▸ INSTRUCTIONS TO FOLLOW: Somewhere below is a line with "take_out result [] = (none, [])" and, later, a line with "if result_eq s.result result then (some"; repeat those two lines and all the lines between them, exactly as they are.

▸ RECORD EXTRACTS:
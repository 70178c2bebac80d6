-- ===== src/Store/Session.antt =====
-- crates/db-core/src/store/session_results.rs: the result stores of one session, and the events that
-- end them. Of the events, those that no store takes note of are one constructor.
use reldex.Base.{
  ℕ, zero, suc, ◌+◌, ◌-◌, Bool, true, false, not, Option, none, some, List, [], ◌∷◌, ◌++◌, map,
  find, if◌then◌else◌,
}
use reldex.Driver.Error.{DbResult, ok, err, is_ok}
use reldex.Events.Event.{SessionEvent, ends_transaction, event_session}
use reldex.Store.Ids.{SessionId, session_eq, ResultId, result_eq}
use reldex.Store.Policy.{ResultPolicy}
use reldex.Store.Result.{FetchTicket, SegmentReply, StoreAction, Fetched, ResultStore, new_store}
use reldex.Store.Fetch.{pump}
use reldex.Store.Inputs.{
  on_fetched, transaction_end_submitted, transaction_end_answered, ExecuteOutcome,
  statement_executed, session_ended,
}

pub data Observed : Type 0 where
  segment : ResultId → Option Fetched → Observed
  event : SessionEvent → Observed

pub record SessionResults : Type 0 where
  pub session : SessionId
  pub stores : List ResultStore
  pub transaction_ends_pending : ℕ

-- `SessionResults::new`.
abbrev pub new_results : SessionId → SessionResults
new_results session = record { session = session; stores = []; transaction_ends_pending = 0 }

-- `for _ in 0..pending { store.transaction_end_submitted(); }`
abbrev pub announce : ℕ → ResultStore → ResultStore
announce zero s = s
announce (suc n) s = announce n (transaction_end_submitted s)

-- `stores.retain(|existing| existing.result() != result)`.
abbrev pub without : ResultId → List ResultStore → List ResultStore
without result [] = []
without result (s ∷ stores) =
    if result_eq s.result result then without result stores else s ∷ without result stores

abbrev pub open_result :
    SessionResults → ExecuteOutcome → ResultPolicy → ResultId → SessionResults × Bool
open_result r outcome policy result =
    if not (session_eq result.session r.session) then (r, false) else (
      record r {
        stores =
            without result r.stores
            ++ (announce r.transaction_ends_pending (new_store result outcome.columns policy) ∷ []);
      },
      true,
    )

abbrev pub open_if_any :
    SessionResults → ExecuteOutcome → ResultPolicy → Option ResultId → SessionResults × Bool
open_if_any r outcome policy none = (r, false)
open_if_any r outcome policy (some result) = open_result r outcome policy result

-- `SessionResults::open`: the stores, and whether one was opened, which is then the last.
unfoldable pub open_store : SessionResults → ExecuteOutcome → ResultPolicy → SessionResults × Bool
unfolding transaction_end_submitted new_store
open_store r outcome policy = open_if_any r outcome policy outcome.result

unfoldable pub get : SessionResults → ResultId → Option ResultStore
get r result = find (λ (s : ResultStore). result_eq s.result result) r.stores

-- `position` and `remove`: the first store of a result, and the others.
abbrev pub take_out : ResultId → List ResultStore → Option ResultStore × List ResultStore
take_out result [] = (none, [])
take_out result (s ∷ stores) =
    let (found, rest) = take_out result stores in
    if result_eq s.result result then (some s, stores) else (found, s ∷ rest)

unfoldable pub remove : SessionResults → ResultId → Option ResultStore × SessionResults
remove r result =
    let (found, rest) = take_out result r.stores in (found, record r { stores = rest })

-- A commit, rollback or rollback to a savepoint was submitted.
unfoldable pub end_submitted : SessionResults → SessionResults
unfolding transaction_end_submitted
end_submitted r = record r {
  transaction_ends_pending = r.transaction_ends_pending + 1;
  stores = map transaction_end_submitted r.stores;
}

-- `get_mut(result).map(|store| store.on_fetched(fetch, segment))`. A debug build may panic.
abbrev pub cons_store :
    ResultStore
    → Option (Option Fetched × List ResultStore)
    → Option (Option Fetched × List ResultStore)
cons_store s none = none
cons_store s (some (fetched, stores)) = some (fetched, s ∷ stores)

abbrev pub fetched_first :
    List ResultStore → Option (ResultStore × Fetched) → Option (Option Fetched × List ResultStore)
fetched_first stores none = none
fetched_first stores (some (s, fetched)) = some (some fetched, s ∷ stores)

unfoldable pub fetched_by :
    Bool
    → FetchTicket
    → DbResult SegmentReply
    → List ResultStore
    → Option (Option Fetched × List ResultStore)
unfolding on_fetched
fetched_by debug ticket reply [] = some (none, [])
fetched_by debug ticket reply (s ∷ stores) =
    if result_eq s.result ticket.result
    then fetched_first stores (on_fetched debug s ticket reply)
    else cons_store s (fetched_by debug ticket reply stores)

abbrev pub segment_observed :
    SessionResults
    → ResultId
    → Option (Option Fetched × List ResultStore)
    → Option (SessionResults × Observed)
segment_observed r result none = none
segment_observed r result (some (fetched, stores)) =
    some (record r { stores = stores }, Observed.segment result fetched)

-- What the stores take note of.
abbrev pub noted : SessionResults → SessionEvent → SessionResults
noted r (SessionEvent.executed session (ok outcome)) = record r {
  stores = map (λ s. statement_executed s outcome) r.stores;
}
noted r (SessionEvent.completed session operation result) =
    if ends_transaction operation
    then record r {
      transaction_ends_pending = r.transaction_ends_pending - 1;
      stores = map (λ s. transaction_end_answered s (is_ok result)) r.stores;
    }
    else r
noted r (SessionEvent.terminal session) = record r { stores = map session_ended r.stores }
noted r _ = r

abbrev pub observe_own : Bool → SessionResults → SessionEvent → Option (SessionResults × Observed)
observe_own debug r (SessionEvent.fetched_segment session fetch reply) =
    segment_observed r fetch.result (fetched_by debug fetch reply r.stores)
observe_own debug r e = some (noted r e, Observed.event e)

-- `SessionResults::observe`.
unfoldable pub observe : Bool → SessionResults → SessionEvent → Option (SessionResults × Observed)
unfolding fetched_by statement_executed transaction_end_answered session_ended
observe debug r e =
    if not (session_eq (event_session e) r.session)
    then some (r, Observed.event e)
    else observe_own debug r e

module _ {T : Type 0} (submit : T → StoreAction → T × DbResult (Unit {0})) where
  abbrev pub Pumped : Type 0
  Pumped = Option (List ResultStore × T × DbResult ℕ)

  abbrev pub with_store : ResultStore → Pumped → Pumped
  with_store s none = none
  with_store s (some (stores, t, result)) = some (s ∷ stores, t, result)

  -- `SessionResults::pump`: the stores after the first error are not pumped.
  unfoldable pub pump_all : List ResultStore → T → ℕ → Pumped
  unfolding pump
  pump_all [] t submitted = some ([], t, ok submitted)
  pump_all (s ∷ stores) t submitted = elim (pump submit s t) [
    | none ↦ none
    | some (s', t', err e) ↦ some (s' ∷ stores, t', err e)
    | some (s', t', ok n) ↦ with_store s' (pump_all stores t' (submitted + n))
  ]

▸ RESULT BELOW:
take_out result [] = (none, [])
take_out result (s ∷ stores) =
    let (found, rest) = take_out result stores in
    if result_eq s.result result then (some s, stores) else (found, s ∷ rest)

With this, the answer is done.